Для тех из «космополитов», кто не был арестован, такая ситуация была обычной. Особенно было трудно тем, кто по каким-либо причинам не мог уехать преподавать в провинциальные или республиканские вузы, нередко пригревавшие «разоблаченных» космополитов благодаря их степеням и званиям. Но поскольку большая часть уволенных профессоров‐филологов к тому времени были больны, а М. К. Азадовский и Б. М. Эйхенбаум тяжело, некоторое время даже о выходе из дома не могло идти и речи, не говоря уже о большем.
Отдельно стоит упомянуть о том возрасте, в котором им предстояло начинать «новую жизнь». М. К. Азадовскому было 60, В. М. Жирмунскому – 57, Б. М. Эйхенбауму – 62 года. Если мерить нынешними мерками, то они находились в расцвете сил, но по реалиям ХХ в. они были людьми, лишь чудом дожившими до своих лет. Самым молодым из «квадриги космополитов» был Г. А. Гуковский – ему в момент увольнения только исполнилось 47 лет; но он погибнет, не дожив до 48‐летия.
Г. А. Гуковский
Григорий Александрович не дожил до приговора, т. е. не был признан в чем-либо виновным, однако в отношении его научной продукции государство не преминуло принять карательные меры заблаговременно: приказом Главлита № 45 от 21 апреля 1950 г. Г. А. Гуковский попал в «Список лиц, все произведения которых подлежат изъятию из библиотек общественного пользования и книготорговой сети»[1265]. Причем факт того, что запрет на все книги профессора наложен без вынесения обвинительного приговора (смерть Г. А. Гуковского за 19 дней до подписания этого приказа еще больше года оставалась государственной тайной), красноречиво характеризует советскую юридическую систему.

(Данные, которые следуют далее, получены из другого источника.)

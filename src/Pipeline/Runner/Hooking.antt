-- ===== src/Pipeline/Runner/Hooking.antt =====
-- The hooks in `Run`: a failing pre-hook, and the time that all take.
use backupy_agent.Prelude.{
  ◌+◌, ◌≤◌, ◌<◌, length, false, ℕ, suc, ◌≡◌, refl, ◌∙◌, ap, none, arith, Option, some, List, [],
  ◌∷◌, ◌++◌, leb, err, append_assoc,
}
use backupy_agent.Prelude.Bytes.{Bytes}
use backupy_agent.Prelude.Int.{pos}
use backupy_agent.Cipher.{Aead}
use backupy_agent.Pipeline.Hooks.{new_hook_set, run_in_set, hooks_max_count, HookSet, HookError}
use backupy_agent.Pipeline.Hooks.Ledger.{used_after}
use backupy_agent.Pipeline.Hooks.{Shell}
use backupy_agent.Pipeline.Request.{
  Target, JobSpec, UploadCreds, RunBackup, Driver, RunError, pre_hook, World, Trace,
}
use backupy_agent.Pipeline.Runner.{run_pre_hooks, run_hooked}
use backupy_agent.Pipeline.Runner.Runs.{pre_hooks_puts}

-- Hooks that all succeed, one after the other, from one count of used time to another.
unfoldable pub Pass : Shell → List Bytes → HookSet → HookSet → Type 0
Pass shell [] used used' = used ≡ used'
Pass shell (c ∷ cs) used used' =
    ((run_in_set shell c [] (pos 0) used).0.1 ≡ none)
    × Pass shell cs (run_in_set shell c [] (pos 0) used).1 used'

module _ (w : World) where
  -- A list of hooks in which one fails behind others that pass: none but these are started.
  pre_hooks_stop :
      (i : ℕ) (cs : List Bytes) (c : Bytes) (rest : List Bytes) (tr : Trace) (used : HookSet)
      {x : HookError}
      → i + length cs < hooks_max_count
      → Pass w.shell cs tr.consumed used
      → (run_in_set w.shell c [] (pos 0) used).0.1 ≡ some x
      → let (e, tr') = run_pre_hooks w i (cs ++ (c ∷ rest)) tr in
        (e ≡ some (pre_hook (i + length cs) x)) × (tr'.hooks ≡ tr.hooks ++ (cs ++ (c ∷ [])))
  unfolding run_pre_hooks Pass
  pre_hooks_stop i [] c rest tr used {x} few same bad =
      let room : leb hooks_max_count i ≡ false = ground arith in
      let here : (run_in_set w.shell c [] (pos 0) tr.consumed).0.1 ≡ some x =
        ap (λ u. (run_in_set w.shell c [] (pos 0) u).0.1) same ∙ bad in
      let at : i + 0 ≡ i = omega arith in rw (run_pre_hooks, room, here, at) (refl, refl)
  pre_hooks_stop i (d ∷ cs) c rest tr used {x} few (fine, pass) bad =
      let now = (run_in_set w.shell d [] (pos 0) tr.consumed).1 in
      let tr' : Trace = record tr { hooks = tr.hooks ++ (d ∷ []); consumed = now } in
      let room : leb hooks_max_count i ≡ false = ground arith in
      let next : suc i + length cs < hooks_max_count = omega arith in
      let (failed, started) = pre_hooks_stop (suc i) cs c rest tr' used next pass bad in
      let at : suc i + length cs ≡ i + suc (length cs) = omega arith in
      rw (run_pre_hooks, room, fine)
        (
          failed ∙ ap (λ n. some (pre_hook n x)) at,
          started ∙ append_assoc tr.hooks (d ∷ []) (cs ++ (c ∷ [])),
        )

  -- When a pre-hook fails, one of the first 16 and behind hooks that pass, the run fails with that hook's
  -- index and error, makes no PUT, and has started just the hooks before it and it: not the pre-hooks
  -- behind it, and no post-hook.
  pub run_hooked_stops :
      (schedule : List ℕ) (req : RunBackup) (creds : UploadCreds) (j : JobSpec) (t : Target)
      (d : Driver) (aead : Option Aead) (cs : List Bytes) (c : Bytes) (rest : List Bytes)
      (used : HookSet) {x : HookError}
      → j.pre_hooks ≡ cs ++ (c ∷ rest)
      → length cs < hooks_max_count
      → Pass w.shell cs 0 used
      → (run_in_set w.shell c [] (pos 0) used).0.1 ≡ some x
      → let (r, tr) = run_hooked w schedule req creds (some j) t d aead in
        (r ≡ err (pre_hook (length cs) x)) × (tr.puts ≡ []) × (tr.hooks ≡ cs ++ (c ∷ []))
  unfolding run_hooked new_hook_set
  run_hooked_stops schedule req creds j t d aead cs c rest used {x} split few pass bad =
      let nothing : Trace = record { puts = []; hooks = []; consumed = 0 } in
      let (failed, started) = pre_hooks_stop 0 cs c rest nothing used (omega arith) pass bad in
      let at : 0 + length cs ≡ length cs = omega arith in
      let goes = ap (λ l. run_pre_hooks w 0 l nothing) split in
      let stops =
        ap (λ (p : Option RunError × Trace). p.0) goes
        ∙ failed
        ∙ ap (λ n. some (pre_hook n x)) at in
      rw (run_hooked, stops)
        (
          refl,
          pre_hooks_puts w 0 j.pre_hooks nothing,
          ap (λ (p : Option RunError × Trace). p.1.hooks) goes ∙ started,
        )

-- Every command ends at most `grace` nanoseconds after its timeout.
abbrev pub InTime : Shell → ℕ → Type 0
InTime shell grace = (c : Bytes) (env : List Bytes) (t : ℕ) → (shell c env t).took ≤ t + grace

module _ (w : World) where
  -- What counts as used is what the hooks that were started leave of it.
  abbrev IsCharged : Trace → Type 0
  IsCharged tr = tr.consumed ≡ used_after w.shell tr.hooks 0
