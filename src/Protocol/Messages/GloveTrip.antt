-- ===== src/Protocol/Messages/GloveTrip.antt =====
-- rci/protocols/messages.py: `GloveTelemetry.decode` on what `encode` writes.
use robotic_character_interf.Base.{
  String, ℕ, ◌/◌, ◌%◌, ◌≡◌, refl, sym, ap, ◌∙◌, Option, none, some, List, [], ◌∷◌, arith,
}
use robotic_character_interf.Protocol.Framing.{unpack_u16, ok, Fault}
use robotic_character_interf.Protocol.Messages.Glove.{
  glove_payload, glove_checks, first_fault, GloveTelemetry, encode_glove, decode_glove,
}
use robotic_character_interf.Base.Int.{pos_part, pos, ℤ}
use robotic_character_interf.Protocol.Messages.{to_word, of_word, require_uint, require_int16}
use robotic_character_interf.Base.Lists.{length, All}
use robotic_character_interf.Protocol.Messages.Fields.{
  require_int16_ok, ok-injective, require_uint_ok, unpack_u16-pack, after_ok,
}

first_fault-none :
    (checks : List (Option Fault)) → first_fault checks ≡ none → All (λ o. o ≡ none) checks
first_fault-none [] e = tt
first_fault-none (none ∷ checks) e = (refl, first_fault-none checks e)
first_fault-none (some fault ∷ checks) e = ground arith

pub word_kept :
    (label : String) (z : ℤ)
    → require_int16 label z ≡ none
    → of_word (unpack_u16 (to_word z % 256) (to_word z / 256)) ≡ z
word_kept label z e = ap of_word (unpack_u16-pack (to_word z)) ∙ (require_int16_ok label z e).1

number_kept :
    (label : String) (z : ℤ) (bits : ℕ) → require_uint label z bits 0 ≡ none → pos (pos_part z) ≡ z
number_kept label z bits e =
    let (n, is_n, _, _) = require_uint_ok label z bits 0 e in
    ap (λ t. pos (pos_part t)) is_n ∙ sym is_n

-- What passes the checks is read back from the payload.
decode_glove-payload :
    (g : GloveTelemetry)
    → All (λ o. o ≡ none) (glove_checks g)
    → decode_glove (glove_payload g) ≡ ok g
unfolding decode_glove glove_checks
decode_glove-payload g
      (time, (ax, (ay, (az, (gx, (gy, (gz, (pitch, (roll, (battery, (flags, _))))))))))) =
    rw
      (
        unpack_u16-pack (pos_part g.device_time_ms_mod),
        number_kept "device_time_ms_mod" g.device_time_ms_mod 16 time,
        word_kept "accel_x_mg" g.accel_x_mg ax,
        word_kept "accel_y_mg" g.accel_y_mg ay,
        word_kept "accel_z_mg" g.accel_z_mg az,
        word_kept "gyro_x_cdeg_s" g.gyro_x_cdeg_s gx,
        word_kept "gyro_y_cdeg_s" g.gyro_y_cdeg_s gy,
        word_kept "gyro_z_cdeg_s" g.gyro_z_cdeg_s gz,
        word_kept "pitch_cdeg" g.pitch_cdeg pitch,
        word_kept "roll_cdeg" g.roll_cdeg roll,
        unpack_u16-pack (pos_part g.battery_mv),
        number_kept "battery_mv" g.battery_mv 16 battery,
        number_kept "flags" g.flags 8 flags,
      )
      refl

-- Glove telemetry that encodes without an error is decoded from its bytes unchanged, and the
-- payload has 21 bytes.
pub decode_glove-encode :
    (g : GloveTelemetry) (bytes : List ℕ)
    → encode_glove g ≡ ok bytes
    → (decode_glove bytes ≡ ok g) × (length bytes ≡ 21)
unfolding encode_glove
decode_glove-encode g bytes e =
    let (clean, sent) = after_ok e in
    let same = ok-injective sent in
    (
      ap decode_glove (sym same) ∙ decode_glove-payload g (first_fault-none (glove_checks g) clean),
      ap length (sym same),
    )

Таким образом, оказались запрещенными и переводились в спецхраны библиотек даже многократно переизданные пособия Г. А. Гуковского по русской литературе XVIII в. Причем стоит отметить, что для 1940‐х гг. такая мера кажется достаточно серьезной и явно должна иметь некоторый подтекст. Его можно уловить, причем достаточно точно, по письму Ю. Г. Оксмана Г. П.